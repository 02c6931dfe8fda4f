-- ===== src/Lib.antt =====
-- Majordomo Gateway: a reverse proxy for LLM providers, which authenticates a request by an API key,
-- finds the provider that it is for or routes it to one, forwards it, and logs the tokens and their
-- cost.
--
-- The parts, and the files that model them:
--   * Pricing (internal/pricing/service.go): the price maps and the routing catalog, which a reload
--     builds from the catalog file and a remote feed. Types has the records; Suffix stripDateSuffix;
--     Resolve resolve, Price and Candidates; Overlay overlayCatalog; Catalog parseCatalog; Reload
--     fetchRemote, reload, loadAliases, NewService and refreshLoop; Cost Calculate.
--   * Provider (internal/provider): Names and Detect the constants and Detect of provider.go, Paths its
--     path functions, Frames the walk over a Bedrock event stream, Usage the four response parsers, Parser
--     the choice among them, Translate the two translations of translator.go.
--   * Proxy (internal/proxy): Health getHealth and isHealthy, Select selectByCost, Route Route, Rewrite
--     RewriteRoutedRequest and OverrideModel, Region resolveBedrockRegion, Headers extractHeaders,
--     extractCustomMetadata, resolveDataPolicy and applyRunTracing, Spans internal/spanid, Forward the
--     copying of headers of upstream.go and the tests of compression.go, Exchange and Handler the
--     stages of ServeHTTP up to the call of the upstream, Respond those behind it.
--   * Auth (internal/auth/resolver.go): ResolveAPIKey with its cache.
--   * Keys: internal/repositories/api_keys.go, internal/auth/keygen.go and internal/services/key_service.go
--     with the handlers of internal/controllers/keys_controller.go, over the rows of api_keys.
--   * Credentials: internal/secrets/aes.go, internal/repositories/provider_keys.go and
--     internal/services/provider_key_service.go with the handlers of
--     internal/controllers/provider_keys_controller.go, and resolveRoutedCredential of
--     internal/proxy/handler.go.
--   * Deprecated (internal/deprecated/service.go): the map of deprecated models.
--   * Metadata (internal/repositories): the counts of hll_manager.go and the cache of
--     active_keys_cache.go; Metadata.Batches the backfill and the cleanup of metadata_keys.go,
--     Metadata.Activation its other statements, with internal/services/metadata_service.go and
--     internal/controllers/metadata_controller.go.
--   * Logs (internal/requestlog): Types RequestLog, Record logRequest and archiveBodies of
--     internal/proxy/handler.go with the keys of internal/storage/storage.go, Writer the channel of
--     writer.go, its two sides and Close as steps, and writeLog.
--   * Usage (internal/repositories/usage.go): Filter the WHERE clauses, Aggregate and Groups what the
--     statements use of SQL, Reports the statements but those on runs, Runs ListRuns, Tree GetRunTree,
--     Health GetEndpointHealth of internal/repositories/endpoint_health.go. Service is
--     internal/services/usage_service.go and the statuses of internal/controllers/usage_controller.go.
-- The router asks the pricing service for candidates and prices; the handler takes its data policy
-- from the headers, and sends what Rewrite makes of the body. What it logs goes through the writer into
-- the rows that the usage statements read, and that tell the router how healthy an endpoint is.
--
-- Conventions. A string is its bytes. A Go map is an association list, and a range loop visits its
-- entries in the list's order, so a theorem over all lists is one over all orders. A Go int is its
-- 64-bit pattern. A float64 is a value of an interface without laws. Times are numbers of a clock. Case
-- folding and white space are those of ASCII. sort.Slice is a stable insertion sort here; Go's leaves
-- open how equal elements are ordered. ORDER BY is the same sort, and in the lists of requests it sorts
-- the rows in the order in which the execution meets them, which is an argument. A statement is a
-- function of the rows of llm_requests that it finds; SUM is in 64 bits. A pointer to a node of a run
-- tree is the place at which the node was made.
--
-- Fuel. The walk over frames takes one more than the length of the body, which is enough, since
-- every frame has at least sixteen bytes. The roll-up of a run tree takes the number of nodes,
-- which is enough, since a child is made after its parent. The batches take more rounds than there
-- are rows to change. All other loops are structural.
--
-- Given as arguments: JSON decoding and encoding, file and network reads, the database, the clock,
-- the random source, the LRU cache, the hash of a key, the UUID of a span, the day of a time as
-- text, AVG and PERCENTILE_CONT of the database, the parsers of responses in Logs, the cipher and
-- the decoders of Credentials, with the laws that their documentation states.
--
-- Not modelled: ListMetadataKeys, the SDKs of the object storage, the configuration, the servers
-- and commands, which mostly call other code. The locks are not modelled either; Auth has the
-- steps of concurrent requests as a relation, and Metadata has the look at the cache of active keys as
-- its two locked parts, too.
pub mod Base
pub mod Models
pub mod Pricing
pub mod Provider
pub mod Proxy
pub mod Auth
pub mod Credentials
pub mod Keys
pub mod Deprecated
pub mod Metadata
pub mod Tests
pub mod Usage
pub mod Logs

---

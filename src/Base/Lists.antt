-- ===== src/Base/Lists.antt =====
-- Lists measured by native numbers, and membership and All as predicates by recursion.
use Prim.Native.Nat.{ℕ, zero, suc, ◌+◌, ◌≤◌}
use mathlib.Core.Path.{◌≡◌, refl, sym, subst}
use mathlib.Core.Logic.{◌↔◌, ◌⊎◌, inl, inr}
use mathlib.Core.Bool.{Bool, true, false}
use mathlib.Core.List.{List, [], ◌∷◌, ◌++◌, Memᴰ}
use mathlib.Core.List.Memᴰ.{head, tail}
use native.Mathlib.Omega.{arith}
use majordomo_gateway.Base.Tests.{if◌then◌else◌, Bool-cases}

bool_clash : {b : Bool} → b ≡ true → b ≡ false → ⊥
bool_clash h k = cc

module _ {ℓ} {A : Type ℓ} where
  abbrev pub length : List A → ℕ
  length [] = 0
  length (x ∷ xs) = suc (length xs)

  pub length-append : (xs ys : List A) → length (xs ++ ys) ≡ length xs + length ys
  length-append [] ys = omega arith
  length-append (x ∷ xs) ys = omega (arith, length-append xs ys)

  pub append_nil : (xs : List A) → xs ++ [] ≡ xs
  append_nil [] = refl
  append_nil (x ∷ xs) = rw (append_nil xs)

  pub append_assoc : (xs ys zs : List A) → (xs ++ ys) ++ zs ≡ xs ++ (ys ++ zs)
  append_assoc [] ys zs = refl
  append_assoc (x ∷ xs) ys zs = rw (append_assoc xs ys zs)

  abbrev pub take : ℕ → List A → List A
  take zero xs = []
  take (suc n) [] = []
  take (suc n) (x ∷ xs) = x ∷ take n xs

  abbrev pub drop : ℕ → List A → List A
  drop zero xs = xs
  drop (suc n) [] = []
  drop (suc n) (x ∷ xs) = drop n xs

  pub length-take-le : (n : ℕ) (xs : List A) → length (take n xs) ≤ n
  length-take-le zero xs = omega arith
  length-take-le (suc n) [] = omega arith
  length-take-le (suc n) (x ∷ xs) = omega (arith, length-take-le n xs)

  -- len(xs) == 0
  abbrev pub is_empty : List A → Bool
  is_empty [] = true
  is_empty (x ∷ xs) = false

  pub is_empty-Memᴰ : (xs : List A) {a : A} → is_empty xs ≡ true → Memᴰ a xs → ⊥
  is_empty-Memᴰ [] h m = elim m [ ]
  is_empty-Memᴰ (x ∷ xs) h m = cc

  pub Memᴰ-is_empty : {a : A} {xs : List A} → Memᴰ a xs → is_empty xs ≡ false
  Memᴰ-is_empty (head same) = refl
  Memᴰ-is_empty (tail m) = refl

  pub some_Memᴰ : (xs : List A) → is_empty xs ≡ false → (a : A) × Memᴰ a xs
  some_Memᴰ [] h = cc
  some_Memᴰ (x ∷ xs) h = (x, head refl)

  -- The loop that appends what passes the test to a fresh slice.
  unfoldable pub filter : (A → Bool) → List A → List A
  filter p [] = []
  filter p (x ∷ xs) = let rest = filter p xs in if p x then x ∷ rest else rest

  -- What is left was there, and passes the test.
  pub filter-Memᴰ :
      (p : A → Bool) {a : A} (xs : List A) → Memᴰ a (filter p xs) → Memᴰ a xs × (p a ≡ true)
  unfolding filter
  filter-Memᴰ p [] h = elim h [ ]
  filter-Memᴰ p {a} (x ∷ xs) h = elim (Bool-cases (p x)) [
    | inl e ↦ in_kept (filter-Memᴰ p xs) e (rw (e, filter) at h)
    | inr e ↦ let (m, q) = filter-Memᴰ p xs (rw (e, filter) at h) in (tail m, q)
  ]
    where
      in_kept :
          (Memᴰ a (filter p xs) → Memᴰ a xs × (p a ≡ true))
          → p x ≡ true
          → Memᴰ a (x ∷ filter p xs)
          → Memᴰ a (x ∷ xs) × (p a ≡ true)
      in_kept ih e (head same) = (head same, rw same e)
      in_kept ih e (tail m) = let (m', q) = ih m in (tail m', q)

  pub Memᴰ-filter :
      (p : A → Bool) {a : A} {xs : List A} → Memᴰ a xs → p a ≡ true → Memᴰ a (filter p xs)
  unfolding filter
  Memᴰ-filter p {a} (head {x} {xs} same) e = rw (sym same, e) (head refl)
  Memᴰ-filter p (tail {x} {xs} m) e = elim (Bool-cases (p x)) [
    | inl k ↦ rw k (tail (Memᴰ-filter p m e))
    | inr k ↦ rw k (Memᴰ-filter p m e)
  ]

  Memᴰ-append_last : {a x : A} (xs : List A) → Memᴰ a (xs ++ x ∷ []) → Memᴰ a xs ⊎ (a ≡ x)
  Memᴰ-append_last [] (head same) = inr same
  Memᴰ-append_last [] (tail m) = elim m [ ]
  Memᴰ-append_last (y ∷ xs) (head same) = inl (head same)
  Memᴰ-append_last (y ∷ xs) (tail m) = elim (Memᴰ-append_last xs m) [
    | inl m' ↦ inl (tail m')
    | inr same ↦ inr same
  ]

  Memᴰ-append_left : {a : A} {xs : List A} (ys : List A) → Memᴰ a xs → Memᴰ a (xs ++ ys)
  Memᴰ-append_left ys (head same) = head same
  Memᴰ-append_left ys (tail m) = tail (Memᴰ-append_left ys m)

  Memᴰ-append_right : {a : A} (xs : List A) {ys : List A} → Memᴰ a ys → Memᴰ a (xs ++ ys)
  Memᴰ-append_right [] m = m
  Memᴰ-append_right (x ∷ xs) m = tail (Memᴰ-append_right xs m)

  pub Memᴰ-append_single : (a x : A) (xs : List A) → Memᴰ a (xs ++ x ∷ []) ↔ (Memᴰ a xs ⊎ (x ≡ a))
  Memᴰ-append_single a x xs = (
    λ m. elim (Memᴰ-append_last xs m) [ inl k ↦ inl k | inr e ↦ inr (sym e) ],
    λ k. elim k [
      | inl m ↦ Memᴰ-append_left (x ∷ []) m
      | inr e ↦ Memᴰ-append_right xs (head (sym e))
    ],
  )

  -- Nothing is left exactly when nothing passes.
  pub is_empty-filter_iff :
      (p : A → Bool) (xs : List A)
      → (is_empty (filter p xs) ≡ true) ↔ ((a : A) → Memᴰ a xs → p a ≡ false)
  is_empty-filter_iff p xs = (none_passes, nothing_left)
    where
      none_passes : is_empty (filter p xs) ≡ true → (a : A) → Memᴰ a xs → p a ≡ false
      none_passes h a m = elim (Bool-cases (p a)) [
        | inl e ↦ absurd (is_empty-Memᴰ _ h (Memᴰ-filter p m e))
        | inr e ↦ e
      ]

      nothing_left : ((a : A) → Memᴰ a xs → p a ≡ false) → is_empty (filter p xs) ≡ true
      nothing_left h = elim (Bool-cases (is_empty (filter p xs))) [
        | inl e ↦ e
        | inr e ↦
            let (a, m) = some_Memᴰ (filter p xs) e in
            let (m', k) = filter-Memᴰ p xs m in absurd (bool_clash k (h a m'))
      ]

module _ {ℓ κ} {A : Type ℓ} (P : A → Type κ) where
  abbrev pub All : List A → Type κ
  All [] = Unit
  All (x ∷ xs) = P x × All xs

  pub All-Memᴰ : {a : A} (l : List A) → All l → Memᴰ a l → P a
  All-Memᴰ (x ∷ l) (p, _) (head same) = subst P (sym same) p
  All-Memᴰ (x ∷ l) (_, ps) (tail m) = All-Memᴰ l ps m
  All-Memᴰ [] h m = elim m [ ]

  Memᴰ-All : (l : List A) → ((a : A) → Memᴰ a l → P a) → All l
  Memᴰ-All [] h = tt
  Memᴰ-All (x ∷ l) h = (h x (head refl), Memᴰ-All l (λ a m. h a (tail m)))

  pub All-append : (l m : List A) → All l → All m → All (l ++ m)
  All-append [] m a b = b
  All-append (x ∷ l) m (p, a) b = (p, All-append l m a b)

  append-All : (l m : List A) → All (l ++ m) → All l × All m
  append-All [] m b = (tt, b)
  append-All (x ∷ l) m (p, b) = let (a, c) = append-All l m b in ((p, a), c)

■ **Task brief**:
Only one stretch of the records above is wanted: the lines between the one holding "A) → Memᴰ a (filter" and the one holding "Memᴰ-append_last [] (tail m) = elim m [ ]", inclusive, reproduced exactly.

■ **Output of the task**:
      (p : A → Bool) {a : A} (xs : List A) → Memᴰ a (filter p xs) → Memᴰ a xs × (p a ≡ true)
  unfolding filter
  filter-Memᴰ p [] h = elim h [ ]
  filter-Memᴰ p {a} (x ∷ xs) h = elim (Bool-cases (p x)) [
    | inl e ↦ in_kept (filter-Memᴰ p xs) e (rw (e, filter) at h)
    | inr e ↦ let (m, q) = filter-Memᴰ p xs (rw (e, filter) at h) in (tail m, q)
  ]
    where
      in_kept :
          (Memᴰ a (filter p xs) → Memᴰ a xs × (p a ≡ true))
          → p x ≡ true
          → Memᴰ a (x ∷ filter p xs)
          → Memᴰ a (x ∷ xs) × (p a ≡ true)
      in_kept ih e (head same) = (head same, rw same e)
      in_kept ih e (tail m) = let (m', q) = ih m in (tail m', q)

  pub Memᴰ-filter :
      (p : A → Bool) {a : A} {xs : List A} → Memᴰ a xs → p a ≡ true → Memᴰ a (filter p xs)
  unfolding filter
  Memᴰ-filter p {a} (head {x} {xs} same) e = rw (sym same, e) (head refl)
  Memᴰ-filter p (tail {x} {xs} m) e = elim (Bool-cases (p x)) [
    | inl k ↦ rw k (tail (Memᴰ-filter p m e))
    | inr k ↦ rw k (Memᴰ-filter p m e)
  ]

  Memᴰ-append_last : {a x : A} (xs : List A) → Memᴰ a (xs ++ x ∷ []) → Memᴰ a xs ⊎ (a ≡ x)
  Memᴰ-append_last [] (head same) = inr same
  Memᴰ-append_last [] (tail m) = elim m [ ]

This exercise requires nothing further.